### [Work order]
Each line of the data below that holds the word "other" is to be reported in full.

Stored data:
......

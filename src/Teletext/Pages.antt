-- ===== src/Teletext/Pages.antt =====
-- src/teletext.c: the address and the data of a teletext packet, and the pages they are put into.
use tsanalyze.Base.{
  ℕ, zero, suc, ◌+◌, ◌*◌, ◌%◌, ◌^◌, ◌<◌, ◌≤◌, ◌==◌, ltb, ◌&&◌, not, if◌then◌else◌, bit, bit_and,
  bit_or, ◌<<<◌, ◌>>>◌, true, Bool-cases, inl, inr, Option, none, some, ◌>>=◌, [], ◌∷◌, get_or,
  length, Bytes, read8, read8-some, u8, ◌≡◌, refl, ap, ◌∙◌, arith,
}
use tsanalyze.Teletext.{popcount, odd_parity8_test, decode_hamming8_code, hamming8_data}

abbrev pub bits4_lookup : Bytes
bits4_lookup =
    0x0 ∷ 0x8 ∷ 0x4 ∷ 0xc ∷ 0x2 ∷ 0xa ∷ 0x6 ∷ 0xe ∷ 0x1 ∷ 0x9 ∷ 0x5 ∷ 0xd ∷ 0x3 ∷ 0xb ∷ 0x7 ∷ 0xf
    ∷ []

-- The nibbles of a byte index the table, which has an entry for each.
abbrev pub reverse_byte : ℕ → ℕ
reverse_byte n =
    bit_or (u8 (get_or bits4_lookup (bit_and n 0xF) 0 <<< 4)) (get_or bits4_lookup (n >>> 4) 0)

-- `none` is the -1.
unfoldable pub decode_odd_parity : ℕ → Option ℕ
unfolding popcount
decode_odd_parity data' =
    if not (odd_parity8_test data') then none else some (bit_and (reverse_byte data') 0x7F)

-- `HAMMING8_DATA` of what `decode_hamming8_code` returns, whose -1 has all bits.
abbrev pub data_of : Option ℕ → ℕ
data_of none = hamming8_data 0xFF
data_of (some code) = hamming8_data code

abbrev pub digit : ℕ → ℕ
digit code = data_of (decode_hamming8_code code)

-- The static page number, and `g_text` by magazine, page, row and column.
pub record Pages : Type 0 where
  pub page : ℕ
  pub text : ℕ → ℕ → ℕ → ℕ → ℕ

-- A write out of `g_text[8][100][32][40]` is a fault.
unfoldable pub composite_teletext_pages : ℕ → ℕ → ℕ → ℕ → Pages → Option Pages
composite_teletext_pages x y z v s =
    if ltb x 8 && ltb s.page 100 && ltb y 32 && ltb z 40
    then some (record s {
      text = λ x' p' y' z'.
          if x' == x && p' == s.page && y' == y && z' == z then v else s.text x' p' y' z';
    })
    else none

-- The loop over the columns from `z`, `left` to go.
unfoldable pub erase_row : ℕ → ℕ → ℕ → ℕ → Pages → Option Pages
unfolding composite_teletext_pages
erase_row zero x y z s = some s
erase_row (suc left) x y z s = do
  s' ← composite_teletext_pages x y z 0x20 s
  erase_row left x y (z + 1) s'

-- The loop over the rows from `y`, `left` to go.
unfoldable pub erase_rows : ℕ → ℕ → ℕ → Pages → Option Pages
unfolding erase_row
erase_rows zero x y s = some s
erase_rows (suc left) x y s = do s' ← erase_row 40 x y 0 s; erase_rows left x (y + 1) s'

-- -1 becomes 0xFF.
abbrev pub shown : Option ℕ → ℕ
shown none = 0xFF
shown (some c) = c

-- The loop over the bytes of a row from column `z`, `left` to go.
unfoldable pub show_row : ℕ → ℕ → ℕ → ℕ → Bytes → Pages → Option Pages
unfolding composite_teletext_pages decode_odd_parity
show_row zero x y z data' s = some s
show_row (suc left) x y z data' s = do
  b ← read8 data' z
  s' ← composite_teletext_pages x y z (shown (decode_odd_parity b)) s
  show_row left x y (z + 1) data' s'

-- The magazine and the row, by the address and what its first byte decodes to.
abbrev pub row_of : ℕ → ℕ → ℕ
row_of code addr = bit_or (bit (hamming8_data code) 3) (digit (addr % 2 ^ 8) <<< 1)

abbrev pub magazine_of : ℕ → ℕ
magazine_of code = hamming8_data code % 8

-- The header of a page. What else it holds is not used.
unfoldable pub page_header : ℕ → Bytes → Pages → Option Pages
unfolding erase_rows
page_header x data' s = do
  units ← read8 data' 0
  tens ← read8 data' 1
  flags ← read8 data' 3
  _ ← read8 data' 7
  let s' : Pages = record s { page = u8 (digit tens) * 10 + u8 (digit units) }
  if bit (digit flags) 3 == 1 then erase_rows 28 x 1 s' else some s'

-- `parse_teletext_data` with the address decoded.
unfoldable pub packet_data : ℕ → ℕ → Bytes → Pages → Option Pages
unfolding page_header show_row
packet_data x y data' s =
    if y == 0
    then page_header x data' s
    else if ltb 25 y
    then (do _ ← read8 data' 0; some s)
    else show_row 40 x y 0 data' s

-- If the address is not decoded, the row is -1 and the magazine is not set: a fault.
unfoldable pub parse_teletext_data : ℕ → Bytes → Pages → Option Pages
unfolding packet_data
parse_teletext_data addr data' s = do
  code ← decode_hamming8_code ((addr >>> 8) % 2 ^ 8)
  packet_data (magazine_of code) (row_of code addr) data' s

composite_inside :
    (x y z v : ℕ) (s : Pages)
    → x < 8
    → s.page < 100
    → y < 32
    → z < 40
    → (s' : Pages) × (composite_teletext_pages x y z v s ≡ some s') × (s'.page ≡ s.page)
unfolding composite_teletext_pages
composite_inside x y z v s x_in p_in y_in z_in =
    let inside : (ltb x 8 && ltb s.page 100 && ltb y 32 && ltb z 40) ≡ true = ground arith in
    (
      record s {
        text = λ x' p' y' z'.
            if x' == x && p' == s.page && y' == y && z' == z then v else s.text x' p' y' z';
      },
      rw inside refl,
      refl,
    )

erase_row_inside :
    (left x y z : ℕ) (s : Pages)
    → x < 8
    → s.page < 100
    → y < 32
    → z + left ≤ 40
    → (s' : Pages) × (erase_row left x y z s ≡ some s') × (s'.page ≡ s.page)
unfolding erase_row
erase_row_inside zero x y z s x_in p_in y_in z_in = (s, refl, refl)
erase_row_inside (suc left) x y z s x_in p_in y_in z_in =
    let (s₁, ran, same) = composite_inside x y z 0x20 s x_in p_in y_in (omega arith) in
    let (s₂, ran', same') =
      erase_row_inside left x y (z + 1) s₁ x_in (omega (arith, same, p_in)) y_in (omega arith) in
    (s₂, rw ran ran', same' ∙ same)

erase_rows_inside :
    (left x y : ℕ) (s : Pages)
    → x < 8
    → s.page < 100
    → y + left ≤ 32
    → (s' : Pages) × (erase_rows left x y s ≡ some s') × (s'.page ≡ s.page)
unfolding erase_rows
erase_rows_inside zero x y s x_in p_in y_in = (s, refl, refl)
erase_rows_inside (suc left) x y s x_in p_in y_in =
    let (s₁, ran, same) = erase_row_inside 40 x y 0 s x_in p_in (omega arith) (omega arith) in
    let (s₂, ran', same') =
      erase_rows_inside left x (y + 1) s₁ x_in (omega (arith, same, p_in)) (omega arith) in
    (s₂, rw ran ran', same' ∙ same)

show_row_inside :
    (left x y z : ℕ) (data' : Bytes) (s : Pages)
    → x < 8
    → s.page < 100
    → y < 32
    → z + left ≤ 40
    → length data' ≡ 40
    → (s' : Pages) × (show_row left x y z data' s ≡ some s') × (s'.page ≡ s.page)
unfolding show_row
show_row_inside zero x y z data' s x_in p_in y_in z_in sized = (s, refl, refl)
show_row_inside (suc left) x y z data' s x_in p_in y_in z_in sized =
    let (b, at) = read8-some data' z (omega (arith, sized)) in
    let (s₁, ran, same) =
      composite_inside x y z (shown (decode_odd_parity b)) s x_in p_in y_in (omega arith) in
    let (s₂, ran', same') =
      show_row_inside left x y (z + 1) data' s₁ x_in (omega (arith, same, p_in)) y_in (omega arith)
        sized in
    (s₂, rw (at, ran) ran', same' ∙ same)

header_inside :
    (x : ℕ) (data' : Bytes) (s : Pages) (units tens : ℕ)
    → x < 8
    → length data' ≡ 40
    → read8 data' 0 ≡ some units
    → read8 data' 1 ≡ some tens
    → u8 (digit tens) * 10 + u8 (digit units) < 100
    → (s' : Pages) × (page_header x data' s ≡ some s') × (s'.page < 100)
unfolding page_header
header_inside x data' s units tens x_in sized at₀ at₁ small =
    let (flags, at₃) = read8-some data' 3 (omega (arith, sized)) in
    let (_, at₇) = read8-some data' 7 (omega (arith, sized)) in
    let s' : Pages = record s { page = u8 (digit tens) * 10 + u8 (digit units) } in
    let (s₂, ran, same) = erase_rows_inside 28 x 1 s' x_in small (omega arith) in
    elim (Bool-cases (bit (digit flags) 3 == 1)) [
      | inl set ↦ (s₂, rw (at₀, at₁, at₃, at₇, set) ran, omega (arith, same, small))
      | inr clear ↦ (s', rw (at₀, at₁, at₃, at₇, clear) refl, small)
    ]

packet_data_inside :
    (x y : ℕ) (data' : Bytes) (s : Pages) (units tens : ℕ)
    → x < 8
    → length data' ≡ 40
    → s.page < 100
    → read8 data' 0 ≡ some units
    → read8 data' 1 ≡ some tens
    → (y ≡ 0 → u8 (digit tens) * 10 + u8 (digit units) < 100)
    → (s' : Pages) × (packet_data x y data' s ≡ some s') × (s'.page < 100)
unfolding packet_data
packet_data_inside x y data' s units tens x_in sized p_in at₀ at₁ small =
    elim (Bool-cases (y == 0)) [
      | inl top ↦
          (let (s', ran, inside) =
              header_inside x data' s units tens x_in sized at₀ at₁ (small (ground (arith, top))) in
            (s', rw top ran, inside))
      | inr other ↦ (elim (Bool-cases (ltb 25 y)) [
        | inl above ↦ (s, rw (other, above, at₀) refl, p_in)
        | inr below ↦
            (let (s', ran, same) =
                show_row_inside 40 x y 0 data' s x_in p_in (ground (arith, below)) (omega arith)
                  sized in
              (s', rw (other, below) ran, omega (arith, same, p_in)))
      ])
    ]

-- A packet of 40 bytes whose address is decoded writes inside the text buffer and leaves a page
-- number below 100, if the number was below 100 and, in a header, the two digits give one.
pub parse_teletext_data-some :
    (addr code : ℕ) (data' : Bytes) (s : Pages) (units tens : ℕ)
    → decode_hamming8_code ((addr >>> 8) % 2 ^ 8) ≡ some code
    → length data' ≡ 40
    → s.page < 100
    → read8 data' 0 ≡ some units
    → read8 data' 1 ≡ some tens
    → (row_of code addr ≡ 0 → u8 (digit tens) * 10 + u8 (digit units) < 100)
    → (s' : Pages) × (parse_teletext_data addr data' s ≡ some s') × (s'.page < 100)
unfolding parse_teletext_data
parse_teletext_data-some addr code data' s units tens decoded sized p_in at₀ at₁ small =
    let (s', ran, inside) =
      packet_data_inside (magazine_of code) (row_of code addr) data' s units tens (omega arith)
        sized p_in at₀ at₁ small in
    (
      s',
      ap (λ o. o >>= λ c. packet_data (magazine_of c) (row_of c addr) data' s) decoded ∙ ran,
      inside,
    )
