-- ===== src/Teletext/Tests.antt =====
-- src/teletext.c: the code word of 5 with its lowest bit flipped.
use tsanalyze.Base.{
  ◌==◌, if◌then◌else◌, bit, some, ◌≡◌, arith, Bytes, ◌∷◌, replicate, ◌*◌, ◌+◌, ◌<◌, refl,
}
use tsanalyze.Teletext.{decode_hamming8_code, hamming8_data}
use tsanalyze.Teletext.Hamming.{code_word, flipped, decode_hamming8_code_lem}
use tsanalyze.Teletext.Pages.{Pages, parse_teletext_data, parse_teletext_data-some}

decode_hamming8_code_example :
    (decode_hamming8_code (code_word 5) ≡ some (code_word 5))
    × (hamming8_data (code_word 5) ≡ 5)
    × (decode_hamming8_code (flipped (code_word 5) 0)
        ≡ some (if bit (code_word 5) 0 == 1 then flipped (code_word 5) 0 else code_word 5))
decode_hamming8_code_example = decode_hamming8_code_lem 5 0 (omega arith) (omega arith)

-- The header of page 15 of magazine 2, which erases the page.
abbrev header_bytes : Bytes
header_bytes = code_word 5 ∷ code_word 1 ∷ code_word 0 ∷ code_word 8 ∷ replicate 36 (code_word 0)

parse_teletext_data-some_example :
    (s' : Pages) × (parse_teletext_data
        (code_word 2 * 256 + code_word 0)
        header_bytes
        (record { page = 7; text = λ _ _ _ _. 0 })
      ≡ some s')
    × (s'.page < 100)
unfolding decode_hamming8_code hamming8_data
parse_teletext_data-some_example =
    parse_teletext_data-some (code_word 2 * 256 + code_word 0) (code_word 2) header_bytes
      (record { page = 7; text = λ _ _ _ _. 0 }) (code_word 5) (code_word 1) refl refl (omega arith)
      refl refl (λ _. omega arith)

......

### [Written answer]
      | inr other ↦ (elim (Bool-cases (ltb 25 y)) [
        | inl above ↦ (s, rw (other, above, at₀) refl, p_in)
              (s', rw (other, below) ran, omega (arith, same, p_in)))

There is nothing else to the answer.